Government officials approve controversial trial of embryonic stem cell treatment for progressive form of blindness.
A US company will test human embryonic stem cells to treat blindness in a bid to examine how the controversial procedure works in humans.
Advanced Cell Technology, a California-based biotech company, announced the planned test on Monday, the second such clinical trial.
Bob Lanza, chief scientific officer at Advanced Cell Technology said that the process has been tested on rats and mice and has been found to halt the progressive disease without causing tumors or other side effects.
"These cells have been really performing quite spectacularly in the animals. If we can see that in the human patients we will hit a home run here," Lanza said.
The trial was allowed to go ahead after the US Food and Drug Administration cleared its application to start a phase I study.
Only 12 adult patients will participate in the trial that could help treat patients with a common form of vision loss that can affect children as young as six. These patients do not expect to have their vision restored as the test's main objective is to gauge safety.

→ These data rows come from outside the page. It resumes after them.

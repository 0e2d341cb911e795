-- ===== src/Onboarding/Progress.antt =====
-- internal/domain/onboarding: no step of an account opening can be left out.
use bca_mobile_api.Common.{
  ℕ, ◌≤◌, String, true, not, ◌&&◌, ◌≡◌, refl, inl, inr, Option, some, List, [], ◌∷◌, leb, ltb,
  str_eq, arith, Bool-cases, Option-cases, ok, ◌<◌, >>=-eq_ok, ok_pair, refuse, refuse-eq_ok,
  validation_error, onboarding_product_unavailable, onboarding_session_limit,
  onboarding_invalid_step,
}
use bca_mobile_api.Onboarding.Steps.{
  Step, step_index, can_transition, StepsCompleted, complete, valid_product,
}
use bca_mobile_api.Onboarding.Session.{
  Session, Env, World, call, update_step, is_live, find_key, cache_get, cache_store, loaded,
  find_row, resolve_row, resolve_session, with_step, set_step, has_live, advance, transition_step,
  insert_session, count_sessions,
}
use bca_mobile_api.Onboarding.Create.{
  Services, CreateRequest, first_step, new_session, create_session, session_key,
  resolve_session_card, count_active, max_sessions_per_device,
}
use bca_mobile_api.Onboarding.Order.{IsProgress, can_transition-index, complete-IsProgress}

abbrev pub AllProgress : List Session → Type 0
AllProgress [] = Unit
AllProgress (s ∷ ss) = IsProgress s.current_step s.steps_completed × AllProgress ss

-- Every session of the table and of the cache.
abbrev pub WorldProgress : World → Type 0
WorldProgress w = AllProgress w.rows × AllProgress w.cache

abbrev pub SessionProgress : Session → Type 0
SessionProgress s = IsProgress s.current_step s.steps_completed

cache_store-Progress :
    (env : Env) (s : Session) (w : World)
    → SessionProgress s
    → WorldProgress w
    → WorldProgress (cache_store env s w)
unfolding cache_store
cache_store-Progress env s w p q =
    elim (Bool-cases (env.cache_writes && ltb env.now s.expires_at)) [
      | inl e ↦ rw e (q.0, (p, q.1))
      | inr e ↦ rw e q
    ]

find_key-Progress :
    (key : String) (ss : List Session) {s : Session}
    → AllProgress ss
    → find_key key ss ≡ some s
    → SessionProgress s
unfolding find_key
find_key-Progress key [] q h = cc
find_key-Progress key (t ∷ ts) {s} q h = elim (Bool-cases (str_eq t.session_id key)) [
  | inl e ↦ let same : t ≡ s = ground arith in rw (← same) q.0
  | inr e ↦ let h' : find_key key ts ≡ some s = ground arith in find_key-Progress key ts q.1 h'
]

find_row-Progress :
    (key : String) (ss : List Session) {s : Session}
    → AllProgress ss
    → find_row key ss ≡ some s
    → SessionProgress s
unfolding find_row
find_row-Progress key [] q h = cc
find_row-Progress key (t ∷ ts) {s} q h = elim (Bool-cases (is_live key t)) [
  | inl e ↦ let same : loaded t ≡ s = ground arith in rw (← same) (again t q.0)
  | inr e ↦ let h' : find_row key ts ≡ some s = ground arith in find_row-Progress key ts q.1 h'
]
  where
    again : (t : Session) → SessionProgress t → SessionProgress (loaded t)
    again t p = p

cache_get-some :
    (env : Env) (key : String) (w : World) {s : Session}
    → cache_get env key w ≡ some s
    → find_key key w.cache ≡ some s
unfolding cache_get
cache_get-some env key w {s} h = elim (Option-cases (find_key key w.cache)) [
  | inl e ↦ let bad : ⊥ = ground arith in absurd bad
  | inr (t, e) ↦ ground arith
]

resolve_row-Progress :
    (env : Env) (key : String) (w : World) {s : Session} {w' : World}
    → WorldProgress w
    → resolve_row env key w ≡ ok (s, w')
    → SessionProgress s × WorldProgress w'
unfolding resolve_row
resolve_row-Progress env key w {s} {w'} q h = elim (Option-cases (find_row key w.rows)) [
  | inl e ↦ let bad : ⊥ = ground arith in absurd bad
  | inr (t, e) ↦
      let same : s ≡ t = ground arith in
      let world : w' ≡ cache_store env t w = ground arith in
      let p = find_row-Progress key w.rows q.0 e in
      (rw same p, rw world (cache_store-Progress env t w p q))
]

pub resolve_session-Progress :
    (env : Env) (key : String) (w : World) {s : Session} {w' : World}
    → WorldProgress w
    → resolve_session env key w ≡ ok (s, w')
    → SessionProgress s × WorldProgress w'
unfolding resolve_session
resolve_session-Progress env key w {s} {w'} q h = elim (Option-cases (cache_get env key w)) [
  | inl e ↦
      let h' : resolve_row env key w ≡ ok (s, w') = ground arith in
      resolve_row-Progress env key w q h'
  | inr (t, e) ↦
      let same : s ≡ t = ground arith in
      let world : w' ≡ w = ground arith in
      (rw same (find_key-Progress key w.cache q.1 (cache_get-some env key w e)), rw world q)
]

set_step-Progress :
    (key : String) (to : Step) (c : StepsCompleted) (now : ℕ) (ss : List Session)
    → IsProgress to c
    → AllProgress ss
    → AllProgress (set_step key to c now ss)
unfolding set_step
set_step-Progress key to c now [] p q = tt
set_step-Progress key to c now (s ∷ ss) p q = elim (Bool-cases (is_live key s)) [
  | inl e ↦ rw e (p, set_step-Progress key to c now ss p q.1)
  | inr e ↦ rw e (q.0, set_step-Progress key to c now ss p q.1)
]

pub advance-Progress :
    (env : Env) (key : String) (to : Step) (s : Session) (w : World) {w' : World}
    → SessionProgress s
    → WorldProgress w
    → advance env key to s w ≡ ok w'
    → WorldProgress w'
unfolding advance
advance-Progress env key to s w {w'} p q h =
    let (_, e, h₁) =
      >>=-eq_ok (refuse (not (can_transition s.current_step to)) onboarding_invalid_step) _ h in
    let (_, _, h₂) = >>=-eq_ok (call env update_step "update step") _ h₁ in
    let (_, _, h₃) = >>=-eq_ok (refuse (not (has_live key w.rows)) _) _ h₂ in
    let c = complete to s.steps_completed in
    let allowed = can_transition-index s.current_step to (ground arith) in
    let p' = complete-IsProgress s.current_step to s.steps_completed allowed p in
    let world : w'
        ≡ cache_store env (with_step to c s)
            (record w { rows = set_step key to c env.now w.rows }) =
      same_ok h₃ in
    rw world (
      cache_store-Progress env (with_step to c s) _ p'
        (set_step-Progress key to c env.now w.rows p' q.0, q.1))
  where
    same_ok : {a b : World} → ok a ≡ ok b → b ≡ a
    same_ok h = cc

-- If every session of the table and of the cache has done the steps that it has left behind, so it
-- is after a transition that succeeded, whichever of the two the session was read from and whether
-- or not the cache takes the new state.
pub transition_step-WorldProgress :
    (env : Env) (key : String) (to : Step) (w : World) {w' : World}
    → WorldProgress w
    → transition_step env key to w ≡ ok w'
    → WorldProgress w'
unfolding transition_step
transition_step-WorldProgress env key to w q h =
    let ((s, w₁), e, h₁) = >>=-eq_ok (resolve_session env key w) _ h in
    let (p, q₁) = resolve_session-Progress env key w q e in advance-Progress env key to s w₁ p q₁ h₁

first_step-IsProgress :
    (v : Services) (req : CreateRequest) (card : Option String) (c : StepsCompleted)
    → c.tnc_accepted ≡ true
    → IsProgress (first_step v req card) c
unfolding first_step
first_step-IsProgress v req card c h =
    let low : step_index (first_step v req card) ≤ 2 = elim (Option-cases card) [
      | inl e ↦ ground arith
      | inr (x, e) ↦ ground arith
    ] in
    record {
      past_tnc = λ l. h;
      past_ocr = λ l. let bad : ⊥ = omega arith in absurd bad;
      past_personal = λ l. let bad : ⊥ = omega arith in absurd bad;
      past_otp = λ l. let bad : ⊥ = omega arith in absurd bad;
      past_biometric = λ l. let bad : ⊥ = omega arith in absurd bad;
      past_video = λ l. let bad : ⊥ = omega arith in absurd bad;
      past_credentials = λ l. let bad : ⊥ = omega arith in absurd bad;
      past_review = λ l. let bad : ⊥ = omega arith in absurd bad;
    }

new_session-Progress :
    (env : Env) (v : Services) (req : CreateRequest) (key : String) (card : Option String)
    → SessionProgress (new_session env v req key card)
unfolding new_session
new_session-Progress env v req key card = first_step-IsProgress v req card _ refl

-- A new session has done what it has left behind, as have all others, and its device had fewer than
-- three sessions of the last hour that were neither cancelled nor expired.
pub create_session-WorldProgress :
    (env : Env) (v : Services) (req : CreateRequest) (w : World) {s : Session} {w' : World}
    → WorldProgress w
    → create_session env v req w ≡ ok (s, w')
    → WorldProgress w'
      × SessionProgress s
      × (count_active req.device_id env.now w.rows < max_sessions_per_device)
unfolding create_session
create_session-WorldProgress env v req w {s} {w'} q h =
    let (_, _, h₁) =
      >>=-eq_ok (refuse (not (valid_product req.product_type)) onboarding_product_unavailable) _
        h in
    let (_, _, h₂) = >>=-eq_ok (refuse (str_eq req.device_id "") validation_error) _ h₁ in
    let (_, _, h₃) =
      >>=-eq_ok (refuse (str_eq req.accepted_tnc_version "") validation_error) _ h₂ in
    let (_, _, h₄) = >>=-eq_ok (v.validate_version req.accepted_tnc_version) _ h₃ in
    let (_, _, h₅) = >>=-eq_ok (call env count_sessions "count active sessions") _ h₄ in
    let (_, e, h₆) =
      >>=-eq_ok
        (refuse (leb max_sessions_per_device (count_active req.device_id env.now w.rows))
          onboarding_session_limit)
        _ h₅ in
    let (key, _, h₇) = >>=-eq_ok (session_key env) _ h₆ in
    let (card, _, h₈) = >>=-eq_ok (resolve_session_card v req) _ h₇ in
    let (_, _, h₉) = >>=-eq_ok (call env insert_session "create session") _ h₈ in
    let (made, world) = ok_pair h₉ in
    let few = refuse-eq_ok _ _ e in
    let ns = new_session env v req key card.0 in
    let p : SessionProgress ns = new_session-Progress env v req key card.0 in
    let q' = cache_store-Progress env ns (record w { rows = ns ∷ w.rows }) p ((p, q.0), q.1) in
    (rw world q', rw made p, ground arith)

The experiment would eventually be carried out on younger patients to see if it can prevent blindness.
A similar trial was initiated in October by another company, Geron Corp, the first of its kind to test human embryonic stem cells in patients with spinal cord injuries.
Scientists believe that the use of embryonic stem cells as a treatment for diseases such as cancer holds great promise, but the process has been opposed by religious conservatives.
Embryonic stem cell research is a controversial process as it involves destruction of human embryos in order to obtain the cells that are capable of developing into almost every tissue of the body.
The latest treatment involves injecting the retinal cells derived from human embryonic stem cells, into the eyes of patients with Stargardt's Macular Dystrophy, a disease which affects around 25,000 people in the United States.
Patients often experience blurry vision, difficulty seeing in low-light and eventually most lose their ability to see at all. The disease can be inherited by a child when two parents carry the gene mutation that causes it.
Researchers expect to see results in real-time due to the use of high resolution instruments that allow them to track the cells in the eye, with an assessment of the progress possible within six weeks.
The company has said that as the trial has never been done before, it is difficult to know the results.